### [Work request]
Copy each line of the entries beneath that contains the word "unchanged".
Exercise input START
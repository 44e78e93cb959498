-- ===== src/Prelude/Runes/RoundTrip.antt =====
-- Encoding runes and decoding the result gives the runes back.
use mathlib.Core.List.{append_assoc}
use amp_sentinel.Prelude.{
  zero, suc, take, ℕ, ◌+◌, ◌/◌, ◌%◌, ◌≤◌, ◌<◌, ◌≡◌, refl, sym, ap, ◌∙◌, ◌⊎◌, inl, inr, Bool, true,
  false, ◌||◌, List, [], ◌∷◌, ◌++◌, map, arith, ltb, if◌then◌else◌, Bool-cases,
}
use amp_sentinel.Prelude.Text.{Text, utf8_encode}
use amp_sentinel.Prelude.Runes.{
  Rune, between, single, double, triple, quadruple, is_double, is_triple, is_quadruple, decode,
  runes, from_runes,
}

-- A code point that is no surrogate.
abbrev pub IsScalar : ℕ → Type 0
IsScalar c = (c ≤ 0x10FFFF) × ((c < 0xD800) ⊎ (0xDFFF < c))

decode_one : (c : ℕ) (s : Text) → c < 0x80 → decode (c ∷ s) ≡ single c ∷ decode s
unfolding decode
decode_one c [] h = refl
decode_one c (x ∷ []) h = ground arith
decode_one c (x ∷ y ∷ []) h = ground arith
decode_one c (x ∷ y ∷ z ∷ s) h = ground arith

decode_two :
    (a b : ℕ) (s : Text) → is_double a b ≡ true → decode (a ∷ b ∷ s) ≡ double a b ∷ decode s
unfolding decode
decode_two a b [] h = rw h
decode_two a b (y ∷ []) h = rw h
decode_two a b (y ∷ z ∷ s) h = rw h

decode_three :
    (a b c : ℕ) (s : Text)
    → is_triple a b c ≡ true
    → decode (a ∷ b ∷ c ∷ s) ≡ triple a b c ∷ decode s
unfolding decode
decode_three a b c [] h = ground arith
decode_three a b c (z ∷ s) h = ground arith

decode_four :
    (a b c d : ℕ) (s : Text)
    → is_quadruple a b c d ≡ true
    → decode (a ∷ b ∷ c ∷ d ∷ s) ≡ quadruple a b c d ∷ decode s
unfolding decode
decode_four a b c d s h = ground arith

two_bytes : (c : ℕ) → 0x80 ≤ c → c < 0x800 → is_double (0xC0 + c / 64) (0x80 + c % 64) ≡ true
unfolding is_double
two_bytes c h k = ground arith

three_bytes :
    (c : ℕ)
    → 0x800 ≤ c
    → c < 0x10000
    → (c < 0xD800) ⊎ (0xDFFF < c)
    → is_triple (0xE0 + c / 4096) (0x80 + c / 64 % 64) (0x80 + c % 64) ≡ true
unfolding is_triple
three_bytes c h k (inl l) = ground arith
three_bytes c h k (inr l) = ground arith

four_bytes :
    (c : ℕ)
    → 0x10000 ≤ c
    → c ≤ 0x10FFFF
    → is_quadruple (0xF0 + c / 262144) (0x80 + c / 4096 % 64) (0x80 + c / 64 % 64) (0x80 + c % 64)
      ≡ true
unfolding is_quadruple
four_bytes c h k = ground arith

abbrev values : List Rune → List ℕ
values = map (λ r. r.value)

runes-utf8_encode :
    (c : ℕ) (s : Text) → IsScalar c → values (decode (utf8_encode c ++ s)) ≡ c ∷ values (decode s)
unfolding utf8_encode
runes-utf8_encode c s h = elim (Bool-cases (ltb c 0x80)) [
  | inl e ↦ rw e (ap values (decode_one c s (ground arith)) ∙ rw e)
  | inr e ↦ elim (Bool-cases (ltb c 0x800)) [
    | inl f ↦
        rw (e, f)
          (ap values (decode_two _ _ s (two_bytes c (ground arith) (ground arith)))
            ∙ ap (λ x. x ∷ values (decode s)) (omega arith))
    | inr f ↦ elim (Bool-cases (ltb c 0x10000)) [
      | inl g ↦
          rw (e, f, g)
            (ap values (decode_three _ _ _ s (three_bytes c (ground arith) (ground arith) h.1))
              ∙ ap (λ x. x ∷ values (decode s)) (omega arith))
      | inr g ↦
          rw (e, f, g)
            (ap values (decode_four _ _ _ _ s (four_bytes c (ground arith) h.0))
              ∙ ap (λ x. x ∷ values (decode s)) (omega arith))
    ]
  ]
]

abbrev pub AllScalars : List ℕ → Type 0
AllScalars [] = Unit {0}
AllScalars (c ∷ cs) = IsScalar c × AllScalars cs

pub take-AllScalars : (n : ℕ) (cs : List ℕ) → AllScalars cs → AllScalars (take n cs)
take-AllScalars zero cs h = tt
take-AllScalars (suc n) [] h = tt
take-AllScalars (suc n) (c ∷ cs) h = (h.0, take-AllScalars n cs h.1)

pub runes-from_runes : (cs : List ℕ) → AllScalars cs → runes (from_runes cs) ≡ cs
unfolding from_runes runes
runes-from_runes [] h = unfold decode in refl
runes-from_runes (c ∷ cs) h =
    let kept : (if between 0xD800 0xDFFF c || ltb 0x10FFFF c then 0xFFFD else c) ≡ c =
      ground arith in
    rw kept (runes-utf8_encode c (from_runes cs) h.0 ∙ ap (◌∷◌ c) (runes-from_runes cs h.1))

single-IsScalar : (a : ℕ) → IsScalar (single a).value
single-IsScalar a = ground arith

double-IsScalar : (a b : ℕ) → is_double a b ≡ true → IsScalar (double a b).value
unfolding is_double
double-IsScalar a b h = ground arith

triple-IsScalar : (a b c : ℕ) → is_triple a b c ≡ true → IsScalar (triple a b c).value
unfolding is_triple
triple-IsScalar a b c h = ground arith

quadruple-IsScalar :
    (a b c d : ℕ) → is_quadruple a b c d ≡ true → IsScalar (quadruple a b c d).value
unfolding is_quadruple
quadruple-IsScalar a b c d h = ground arith

if-AllScalars :
    (t : Bool) (xs ys : List Rune)
    → (t ≡ true → AllScalars (values xs))
    → AllScalars (values ys)
    → AllScalars (values (if t then xs else ys))
if-AllScalars true xs ys f g = f refl
if-AllScalars false xs ys f g = g

decode-AllScalars : (s : Text) → AllScalars (values (decode s))
unfolding decode
decode-AllScalars [] = tt
decode-AllScalars (a ∷ []) = (single-IsScalar a, tt)
decode-AllScalars (a ∷ b ∷ []) =
    if-AllScalars (is_double a b) _ _ (λ h. (double-IsScalar a b h, tt))
      (single-IsScalar a, decode-AllScalars (b ∷ []))
decode-AllScalars (a ∷ b ∷ c ∷ []) =
    if-AllScalars (is_double a b) _ _ (λ h. (double-IsScalar a b h, decode-AllScalars (c ∷ [])))
      (if-AllScalars (is_triple a b c) _ _ (λ h. (triple-IsScalar a b c h, tt))
        (single-IsScalar a, decode-AllScalars (b ∷ c ∷ [])))
decode-AllScalars (a ∷ b ∷ c ∷ d ∷ s) =
    if-AllScalars (is_double a b) _ _ (λ h. (double-IsScalar a b h, decode-AllScalars (c ∷ d ∷ s)))
      (if-AllScalars (is_triple a b c) _ _
        (λ h. (triple-IsScalar a b c h, decode-AllScalars (d ∷ s)))
        (if-AllScalars (is_quadruple a b c d) _ _
          (λ h. (quadruple-IsScalar a b c d h, decode-AllScalars s))
          (single-IsScalar a, decode-AllScalars (b ∷ c ∷ d ∷ s))))

-- Cutting a string at a number of runes cuts its runes there.
pub runes-take : (n : ℕ) (s : Text) → runes (from_runes (take n (runes s))) ≡ take n (runes s)
runes-take n s =
    runes-from_runes (take n (runes s))
      (take-AllScalars n (runes s) (unfold runes in decode-AllScalars s))

pub runes-AllScalars : (s : Text) → AllScalars (runes s)
unfolding runes
runes-AllScalars s = decode-AllScalars s

pub append-AllScalars : (cs ds : List ℕ) → AllScalars cs → AllScalars ds → AllScalars (cs ++ ds)
append-AllScalars [] ds h k = k
append-AllScalars (c ∷ cs) ds h k = (h.0, append-AllScalars cs ds h.1 k)

pub from_runes-append : (xs ys : List ℕ) → from_runes (xs ++ ys) ≡ from_runes xs ++ from_runes ys
unfolding from_runes
from_runes-append [] ys = refl
from_runes-append (x ∷ xs) ys =
    let c = if between 0xD800 0xDFFF x || ltb 0x10FFFF x then 0xFFFD else x in
    rw (from_runes-append xs ys)
      (sym (append_assoc (utf8_encode c) (from_runes xs) (from_runes ys)))
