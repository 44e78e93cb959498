-- ===== src/Diagnosis/Parse/Valid.antt =====
-- diagnosis/structured.go, validateDiagnosisJSON: what a result satisfies.
use mathlib.Core.List.{append-nil}
use amp_sentinel.Prelude.{
  suc, ◌≤◌, ◌<◌, ◌≡◌, refl, ap, ◌⊎◌, inl, inr, true, false, List, [], ◌∷◌, arith, ltb, ltb→lt,
  if◌then◌else◌, length, take, length-take, Bool-cases,
}
use amp_sentinel.Prelude.Int.{leb_ℤ}
use amp_sentinel.Prelude.Text.{Text, is_empty, one_of, text_eq, text_eq_refl}
use amp_sentinel.Prelude.Runes.{runes, from_runes, decode}
use amp_sentinel.Prelude.Runes.RoundTrip.{runes-take}
use amp_sentinel.Diagnosis.Types.{
  DiagnosisJson, Float64, Conclusion, RootCause, Evidence, float_zero, float_one,
  valid_confidence_labels, high, medium, low,
}
use amp_sentinel.Diagnosis.Parse.{
  valid, valid_evidence_types, log_type, needs_fix, fix_evidence, fixed_types, fix_causes,
  fixed_causes, cut_summary, fix_label, confidence_label_from_value, validate_diagnosis_json,
}

-- The type of an evidence is empty, or one of the four known.
abbrev pub IsTyped : Evidence → Type 0
IsTyped ev = (is_empty ev.type ≡ true) ⊎ (one_of valid_evidence_types ev.type ≡ true)

abbrev pub AllTyped : List Evidence → Type 0
AllTyped [] = Unit {0}
AllTyped (ev ∷ evs) = IsTyped ev × AllTyped evs

abbrev pub AllCausesTyped : List RootCause → Type 0
AllCausesTyped [] = Unit {0}
AllCausesTyped (rc ∷ rcs) = AllTyped rc.evidence × AllCausesTyped rcs

-- What validation asks of a diagnosis.
pub record IsValid (d : DiagnosisJson) : Type 0 where
  pub summary_filled : is_empty d.summary ≡ false
  pub summary_short : length (runes d.summary) ≤ 200
  pub confidence_low : leb_ℤ float_zero d.conclusion.confidence ≡ true
  pub confidence_high : leb_ℤ d.conclusion.confidence float_one ≡ true
  pub label_known : one_of valid_confidence_labels d.conclusion.confidence_label ≡ true
  pub has_causes : 0 < length d.root_causes
  pub typed : AllCausesTyped d.root_causes

log_type_known : one_of valid_evidence_types log_type ≡ true
unfolding valid_evidence_types log_type text_eq
log_type_known = refl

IsTyped-or_fixed : (ev : Evidence) → (needs_fix ev ≡ true) ⊎ IsTyped ev
unfolding needs_fix
IsTyped-or_fixed ev = ground arith

fixed-IsTyped :
    (ev : Evidence) → IsTyped (if needs_fix ev then record ev { type = log_type } else ev)
fixed-IsTyped ev = elim (Bool-cases (needs_fix ev)) [
  | inl e ↦ rw e (inr log_type_known)
  | inr e ↦ rw e (ground (arith, IsTyped-or_fixed ev))
]

fix_evidence-AllTyped : (evs : List Evidence) → AllTyped (fix_evidence evs)
unfolding fix_evidence
fix_evidence-AllTyped [] = tt
fix_evidence-AllTyped (ev ∷ evs) = (fixed-IsTyped ev, fix_evidence-AllTyped evs)

fix_causes-AllCausesTyped : (rcs : List RootCause) → AllCausesTyped (fix_causes rcs)
unfolding fix_causes
fix_causes-AllCausesTyped [] = tt
fix_causes-AllCausesTyped (rc ∷ rcs) =
    (fix_evidence-AllTyped rc.evidence, fix_causes-AllCausesTyped rcs)

filled_of_runes : (s : Text) → 0 < length (runes s) → is_empty s ≡ false
unfolding runes
filled_of_runes [] h = absurd (unfold decode in omega arith)
filled_of_runes (c ∷ s) h = refl

cut_summary_short : (s : Text) → length (runes (cut_summary s)) ≤ 200
unfolding cut_summary
cut_summary_short s = elim (Bool-cases (ltb 200 (length (runes s)))) [
  | inl e ↦ rw (e, runes-take 200 s) (omega (arith, length-take 200 (runes s)))
  | inr e ↦ rw e (ground arith)
]

cut_summary_filled : (s : Text) → is_empty s ≡ false → is_empty (cut_summary s) ≡ false
unfolding cut_summary
cut_summary_filled s h = elim (Bool-cases (ltb 200 (length (runes s)))) [
  | inl e ↦
      let cut : 0 < length (take 200 (runes s)) =
        omega (arith, ltb→lt _ _ e, length-take 200 (runes s)) in
      rw e (filled_of_runes (from_runes (take 200 (runes s))) (rw (runes-take 200 s) cut))
  | inr e ↦ rw e h
]

label_known :
    (conf : Float64) → one_of valid_confidence_labels (confidence_label_from_value conf) ≡ true
unfolding confidence_label_from_value
label_known conf = ground (arith, text_eq_refl high, text_eq_refl medium, text_eq_refl low)

fix_label_known :
    (c : Conclusion) → one_of valid_confidence_labels (fix_label c).confidence_label ≡ true
unfolding fix_label
fix_label_known c = elim (Bool-cases (one_of valid_confidence_labels c.confidence_label)) [
  | inl e ↦ rw e e
  | inr e ↦ rw e (label_known c.confidence)
]

length-fix_causes : (rcs : List RootCause) → length (fix_causes rcs) ≡ length rcs
unfolding fix_causes
length-fix_causes [] = refl
length-fix_causes (rc ∷ rcs) = ap suc (length-fix_causes rcs)

fix_label-confidence : (c : Conclusion) → (fix_label c).confidence ≡ c.confidence
unfolding fix_label
fix_label-confidence c = ground arith

-- Every diagnosis that validation accepts has a summary that is not empty and has at most 200 runes, a
-- confidence between 0 and 1 with a known label, some root cause, and no evidence of an unknown type.
pub validate_diagnosis_json-IsValid :
    (d : DiagnosisJson) {r : DiagnosisJson} → validate_diagnosis_json d ≡ valid r → IsValid r
unfolding validate_diagnosis_json
validate_diagnosis_json-IsValid d h = ground (
  arith,
  cut_summary_short d.summary,
  cut_summary_filled d.summary,
  fix_label_known d.conclusion,
  fix_label-confidence d.conclusion,
  length-fix_causes d.root_causes,
  fix_causes-AllCausesTyped d.root_causes,
)

IsTyped-needs_fix : (ev : Evidence) → IsTyped ev → needs_fix ev ≡ false
unfolding needs_fix
IsTyped-needs_fix ev h = ground arith

fix_evidence_same :
    (evs : List Evidence) → AllTyped evs → (fix_evidence evs ≡ evs) × (fixed_types evs ≡ [])
unfolding fix_evidence fixed_types
fix_evidence_same [] h = (refl, refl)
fix_evidence_same (ev ∷ evs) h =
    let rest = fix_evidence_same evs h.1 in
    rw (IsTyped-needs_fix ev h.0) (ap (◌∷◌ ev) rest.0, rest.1)

fix_causes_same :
    (rcs : List RootCause) → AllCausesTyped rcs → (fix_causes rcs ≡ rcs) × (fixed_causes rcs ≡ [])
unfolding fix_causes fixed_causes
fix_causes_same [] h = (refl, refl)
fix_causes_same (rc ∷ rcs) h =
    let here = fix_evidence_same rc.evidence h.0 in
    let rest = fix_causes_same rcs h.1 in
    (λ i. record rc { evidence = here.0 i } ∷ rest.0 i, rw (here.1) rest.1)

cut_summary_same : (s : Text) → length (runes s) ≤ 200 → cut_summary s ≡ s
unfolding cut_summary
cut_summary_same s h = ground arith

fix_label_same :
    (c : Conclusion) → one_of valid_confidence_labels c.confidence_label ≡ true → fix_label c ≡ c
unfolding fix_label
fix_label_same c h = rw h

-- A diagnosis with a summary of 1 to 200 runes, a confidence between 0 and 1 with a known label, some root
-- cause, and no evidence of an unknown type is accepted unchanged.
pub IsValid-validate_diagnosis_json :
    (d : DiagnosisJson) → IsValid d → validate_diagnosis_json d ≡ valid d
unfolding validate_diagnosis_json
IsValid-validate_diagnosis_json d v = ground (
  arith,
  cut_summary_same d.summary v.summary_short,
  fix_label_same d.conclusion v.label_known,
  fix_causes_same d.root_causes v.typed,
  append-nil d.auto_fixed_evidence_types,
)

-- What validation makes of a diagnosis that it accepts, it accepts unchanged.
pub validate_diagnosis_json_idem :
    (d : DiagnosisJson) {r : DiagnosisJson}
    → validate_diagnosis_json d ≡ valid r
    → validate_diagnosis_json r ≡ valid r
validate_diagnosis_json_idem d h =
    IsValid-validate_diagnosis_json _ (validate_diagnosis_json-IsValid d h)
Exercise input END
### [Answer area]
-- cause, and no evidence of an unknown type is accepted unchanged.
-- What validation makes of a diagnosis that it accepts, it accepts unchanged.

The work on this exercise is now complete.